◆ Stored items
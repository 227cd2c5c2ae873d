-- ===== src/Witnesses/EffectTheorems.antt =====
-- The theorems on effects at the examples.
use xgc2_orchestration_core.Base.{true, ◌≡◌, refl, ok, arith}
use xgc2_orchestration_core.Contracts.EffectStates.{effect_state_eq, effect_state_terminal}
use xgc2_orchestration_core.Contracts.Effects.{CommandEnvelope}
use xgc2_orchestration_core.Effect.Checks.{validate_target_fence}
use xgc2_orchestration_core.Effect.Primary.{replay_prepare}
use xgc2_orchestration_core.Effect.Outcomes.{can_begin}
use xgc2_orchestration_core.Effect.Steps.{EffectStep, EffectReach}
use xgc2_orchestration_core.Effect.Frozen.{SameOutcome, reported, concluded, outcome_final}
use xgc2_orchestration_core.Effect.Machine.{EffectMove}
use xgc2_orchestration_core.Effect.Validity.{SoundEffect, EffectReach-SoundEffect}
use xgc2_orchestration_core.Effect.Closing.{settled, EffectReach-EffectMove, settled_effect}
use xgc2_orchestration_core.Effect.Outbox.{dispatches, Dispatch, EffectStep-Dispatch}
use xgc2_orchestration_core.Effect.Replay.{unchanged, replay_prepare-same}
use xgc2_orchestration_core.Effect.Ledgers.{ReceiptHistory, validate_ledger-ReceiptHistory}
use xgc2_orchestration_core.Effect.Fences.{
  decode, is_well_formed, accepted, validate_target_fence-decode,
}
use xgc2_orchestration_core.Witnesses.Encoder.{encoder}
use xgc2_orchestration_core.Witnesses.Effects.{
  preparation, prepared_disk, start, starting, taken_ledger, done_ledger, taking, applied_by,
  applied_disk, undo, pending_disk, undoing, giving_up, canceled_disk, disk_fence,
}
use xgc2_orchestration_core.Witnesses.EffectRuns.{
  preparing-ok, starting-ok, acceptance-ok, success-ok, undoing-ok, canceling-ok, done_ledger-ok,
}

disk_applied : EffectReach encoder prepared_disk 3 applied_disk
disk_applied =
    EffectReach.further
      (EffectReach.further
        (EffectReach.further EffectReach.here (EffectStep.beginning start starting-ok))
        (EffectStep.observing _ taking acceptance-ok))
      (EffectStep.observing taken_ledger applied_by success-ok)

disk_pending : EffectReach encoder applied_disk 1 pending_disk
disk_pending = EffectReach.further EffectReach.here (EffectStep.compensating undo undoing-ok)

disk_canceled : EffectReach encoder prepared_disk 1 canceled_disk
disk_canceled = EffectReach.further EffectReach.here (EffectStep.canceling giving_up canceling-ok)

disk_concluded : concluded applied_disk ≡ true
unfolding concluded reported effect_state_terminal can_begin effect_state_eq
disk_concluded = refl

disk_settled : settled canceled_disk.state canceled_disk.compensation_state ≡ true
unfolding settled
disk_settled = refl

start_dispatches : dispatches starting.intents ≡ true
unfolding dispatches
start_dispatches = refl

outcome_final_example : SameOutcome applied_disk pending_disk
outcome_final_example = outcome_final encoder disk_concluded disk_pending

EffectReach-SoundEffect_example : SoundEffect encoder 3 applied_disk
EffectReach-SoundEffect_example =
    EffectReach-SoundEffect encoder preparation preparing-ok (omega arith) disk_applied

EffectReach-EffectMove_example :
    EffectMove applied_disk.state applied_disk.compensation_state pending_disk.state
      pending_disk.compensation_state
EffectReach-EffectMove_example =
    EffectReach-EffectMove encoder preparation preparing-ok disk_applied
      (EffectStep.compensating undo undoing-ok)

settled_effect_example : ¬ EffectStep encoder canceled_disk undoing
settled_effect_example = settled_effect encoder preparation preparing-ok disk_canceled disk_settled

EffectStep-Dispatch_example : (e : CommandEnvelope) × Dispatch encoder prepared_disk starting e
EffectStep-Dispatch_example =
    EffectStep-Dispatch encoder (EffectStep.beginning start starting-ok) start_dispatches

replay_prepare-same_example :
    replay_prepare encoder applied_disk preparation ≡ ok (unchanged applied_disk)
replay_prepare-same_example =
    replay_prepare-same encoder preparation preparing-ok (omega arith) disk_applied

validate_ledger-ReceiptHistory_example : ReceiptHistory done_ledger.receipts
validate_ledger-ReceiptHistory_example =
    validate_ledger-ReceiptHistory encoder done_ledger done_ledger-ok

validate_target_fence-decode_example :
    accepted (validate_target_fence disk_fence) ≡ is_well_formed (decode disk_fence)
validate_target_fence-decode_example = validate_target_fence-decode disk_fence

◆ WORK REQUEST
All of the data above should be reproduced exactly.

◆ OUTPUT
repository 227cd2c5c2ae873d
-- ===== src/Witnesses/EffectTheorems.antt =====
-- The theorems on effects at the examples.
use xgc2_orchestration_core.Base.{true, ◌≡◌, refl, ok, arith}
use xgc2_orchestration_core.Contracts.EffectStates.{effect_state_eq, effect_state_terminal}
use xgc2_orchestration_core.Contracts.Effects.{CommandEnvelope}
use xgc2_orchestration_core.Effect.Checks.{validate_target_fence}
use xgc2_orchestration_core.Effect.Primary.{replay_prepare}
use xgc2_orchestration_core.Effect.Outcomes.{can_begin}
use xgc2_orchestration_core.Effect.Steps.{EffectStep, EffectReach}
use xgc2_orchestration_core.Effect.Frozen.{SameOutcome, reported, concluded, outcome_final}
use xgc2_orchestration_core.Effect.Machine.{EffectMove}
use xgc2_orchestration_core.Effect.Validity.{SoundEffect, EffectReach-SoundEffect}
use xgc2_orchestration_core.Effect.Closing.{settled, EffectReach-EffectMove, settled_effect}
use xgc2_orchestration_core.Effect.Outbox.{dispatches, Dispatch, EffectStep-Dispatch}
use xgc2_orchestration_core.Effect.Replay.{unchanged, replay_prepare-same}
use xgc2_orchestration_core.Effect.Ledgers.{ReceiptHistory, validate_ledger-ReceiptHistory}
use xgc2_orchestration_core.Effect.Fences.{
  decode, is_well_formed, accepted, validate_target_fence-decode,
}
use xgc2_orchestration_core.Witnesses.Encoder.{encoder}
use xgc2_orchestration_core.Witnesses.Effects.{
  preparation, prepared_disk, start, starting, taken_ledger, done_ledger, taking, applied_by,
  applied_disk, undo, pending_disk, undoing, giving_up, canceled_disk, disk_fence,
}
use xgc2_orchestration_core.Witnesses.EffectRuns.{
  preparing-ok, starting-ok, acceptance-ok, success-ok, undoing-ok, canceling-ok, done_ledger-ok,
}

disk_applied : EffectReach encoder prepared_disk 3 applied_disk
disk_applied =
    EffectReach.further
      (EffectReach.further
        (EffectReach.further EffectReach.here (EffectStep.beginning start starting-ok))
        (EffectStep.observing _ taking acceptance-ok))
      (EffectStep.observing taken_ledger applied_by success-ok)

disk_pending : EffectReach encoder applied_disk 1 pending_disk
disk_pending = EffectReach.further EffectReach.here (EffectStep.compensating undo undoing-ok)

disk_canceled : EffectReach encoder prepared_disk 1 canceled_disk
disk_canceled = EffectReach.further EffectReach.here (EffectStep.canceling giving_up canceling-ok)

disk_concluded : concluded applied_disk ≡ true
unfolding concluded reported effect_state_terminal can_begin effect_state_eq
disk_concluded = refl

disk_settled : settled canceled_disk.state canceled_disk.compensation_state ≡ true
unfolding settled
disk_settled = refl

start_dispatches : dispatches starting.intents ≡ true
unfolding dispatches
start_dispatches = refl

outcome_final_example : SameOutcome applied_disk pending_disk
outcome_final_example = outcome_final encoder disk_concluded disk_pending

EffectReach-SoundEffect_example : SoundEffect encoder 3 applied_disk
EffectReach-SoundEffect_example =
    EffectReach-SoundEffect encoder preparation preparing-ok (omega arith) disk_applied

EffectReach-EffectMove_example :
    EffectMove applied_disk.state applied_disk.compensation_state pending_disk.state
      pending_disk.compensation_state
EffectReach-EffectMove_example =
    EffectReach-EffectMove encoder preparation preparing-ok disk_applied
      (EffectStep.compensating undo undoing-ok)

settled_effect_example : ¬ EffectStep encoder canceled_disk undoing
settled_effect_example = settled_effect encoder preparation preparing-ok disk_canceled disk_settled

EffectStep-Dispatch_example : (e : CommandEnvelope) × Dispatch encoder prepared_disk starting e
EffectStep-Dispatch_example =
    EffectStep-Dispatch encoder (EffectStep.beginning start starting-ok) start_dispatches

replay_prepare-same_example :
    replay_prepare encoder applied_disk preparation ≡ ok (unchanged applied_disk)
replay_prepare-same_example =
    replay_prepare-same encoder preparation preparing-ok (omega arith) disk_applied

validate_ledger-ReceiptHistory_example : ReceiptHistory done_ledger.receipts
validate_ledger-ReceiptHistory_example =
    validate_ledger-ReceiptHistory encoder done_ledger done_ledger-ok

validate_target_fence-decode_example :
    accepted (validate_target_fence disk_fence) ≡ is_well_formed (decode disk_fence)
validate_target_fence-decode_example = validate_target_fence-decode disk_fence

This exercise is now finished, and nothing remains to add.